My mother plunges herself into her work fully, and cares for each patient holistically, with incredible sincerity. She's truly shaped the kind of doctor I'd like to be.

You have traveled a lot. In what way travel has transformed you?

I was very young when my parents moved to England. We must have moved about four times before I was six. In America, too, I lived in several states before we moved to Texas. I think I discovered a long ago that I am nomadic at heart. And I travel very light (laughs).
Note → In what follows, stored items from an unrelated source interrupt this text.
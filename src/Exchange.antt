-- ===== src/Exchange.antt =====
-- The response side of a request, and the functions of src/ngx_http_monitoring_module.c that write
-- it: `ngx_http_monitoring_plain_response`, `ngx_http_monitoring_add_cors` and
-- `ngx_http_monitoring_preflight`.
use ngx_http_monitoring_modu.Prelude.{
  ℕ, ◌+◌, pos, Bool, true, false, List, [], ◌∷◌, ◌++◌, Option, length, codes, ◌==◌, if◌then◌else◌,
}
use ngx_http_monitoring_modu.State.{ShCtx}
use ngx_http_monitoring_modu.Http.{Request, HeadersOut, Nginx, Rc, http}
use ngx_http_monitoring_modu.Auth.{is_off}

-- A call that hands something to nginx for the client.
pub data Sent : Type 0 where
  discard_body : Sent
  send_headers : HeadersOut → Sent
  send_body : List ℕ → Sent

-- The state of a handler: the headers to be sent, how many places that allocate were passed, what
-- was handed to nginx, oldest first, and the shared zone.
pub record Exchange (Double : Type 0) : Type 0 where
  pub out : HeadersOut
  pub allocations : ℕ
  pub sent : List Sent
  pub zone : Option (ShCtx Double)

abbrev pub method_not_allowed : Rc
method_not_allowed = http 405

abbrev pub not_found : Rc
not_found = http 404

abbrev pub internal_error : Rc
internal_error = http 500

module _ {Double : Type 0} (ngx : Nginx) where
  -- Whether the next allocation succeeds.
  abbrev pub allocates : Exchange Double → Bool
  allocates x = ngx.can_alloc x.allocations

  abbrev pub log_sent : Sent → Exchange Double → Exchange Double
  log_sent s x = record x { sent = x.sent ++ s ∷ [] }

  -- `ngx_list_push` of a header that is then filled in; the first component is whether it gave one.
  unfoldable pub push_header : List ℕ → List ℕ → Exchange Double → Bool × Exchange Double
  push_header key value x =
      let passed = record x { allocations = x.allocations + 1 } in
      if allocates x
      then (
        true,
        record passed {
          out = record x.out {
            headers = x.out.headers ++ record { key = key; value = value } ∷ [];
          };
        },
      )
      else (false, passed)

  -- `ngx_http_send_header(r)`.
  unfoldable pub send_header : Exchange Double → Rc × Exchange Double
  send_header x = (ngx.send_header x.out, log_sent (send_headers x.out) x)

  unfoldable pub plain_response : Request → ℕ → List ℕ → Exchange Double → Rc × Exchange Double
  unfolding send_header
  plain_response r status body x =
      let discarded = log_sent discard_body x in
      let filled = record discarded {
        out = record x.out {
          status = status;
          content_length_n = pos (length body);
          content_type = codes "text/plain";
        };
      } in
      let buffered = record filled { allocations = x.allocations + 1 } in
      let headed = (send_header buffered).1 in
      if r.method == ngx.bits.head
      then send_header (record filled { out = record filled.out { header_only = true } })
      else if allocates x
      then (ngx.output_filter headed.out body, log_sent (send_body body) headed)
      else (internal_error, buffered)

  -- Three headers, given up at the first that cannot be pushed.
  unfoldable pub add_cors : List ℕ → Exchange Double → Exchange Double
  unfolding push_header is_off
  add_cors cors x =
      if is_off cors
      then x
      else (let (first, x1) = push_header (codes "Access-Control-Allow-Origin") cors x in
          let (second, x2) =
            push_header (codes "Access-Control-Allow-Methods") (codes "GET, HEAD, OPTIONS") x1 in
          let (_, x3) =
            push_header (codes "Access-Control-Allow-Headers")
              (codes "Authorization, X-Monitor-Token, Content-Type") x2 in
          if first then (if second then x3 else x2) else x1)

  unfoldable pub preflight : List ℕ → Exchange Double → Rc × Exchange Double
  unfolding add_cors send_header
  preflight cors x =
      let x1 = add_cors cors x in
      send_header (record x1 {
        out = record x1.out { status = 204; content_length_n = pos 0; header_only = true };
      })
Traveling has made me quite adaptable and helped me to watch people in various circumstances. I learned from my parents to look at patients as people first, and my travels have further instilled that thought in me.

If you weren't going to be a physician what would you like to do?

I think I would be a professor of English literature.

And surely you would be interested in writing books. What would you be more interested in? Fiction or non-fiction?

Of course. But I am not sure whether I would write fiction or non-fiction at first.

Are you religious?

I was raised in a Hindu home but it was never ritualistic Hinduism. Growing up, I had some serious concerns about religious institutions and I still have them. But, recently, I have been drawn to the metaphysical and philosophical aspects of the Hindu religion.

How did you start on it?

I had taken a course in world religion at the university and that led me to think and read more about Hinduism. I began to be interested in its eclectic nature. I think that it is an essentially forgiving religion: it privileges many other religious traditions as equally good ways to reach the final destination. And it's very poetic!

I think it's extremely important to remember that pluralistic aspect of Hinduism, especially nowadays, when there is so much division.

What is the best thing you like about medicine as a profession?

I don't think you can be bored in medicine. It is a wonderful way to serve other people and a field in which there is much scope for transformation. But, most of all, it is the constant challenge of it that draws me; every day, with each different patient, a new narrative unravels before your eyes.

And the worst thing?

Because medicine is so much more than just hard science, it lends itself to holistic treatment: the body, mind, soul, and spirit. But this can also leave it open to corruption by so many different influences.

Medicine is no longer just the relationship between the doctor and the patient: a doctor must think about economic, political, and many other factors while simultaneously placing the patient's interest above everything else. This is a huge challenge.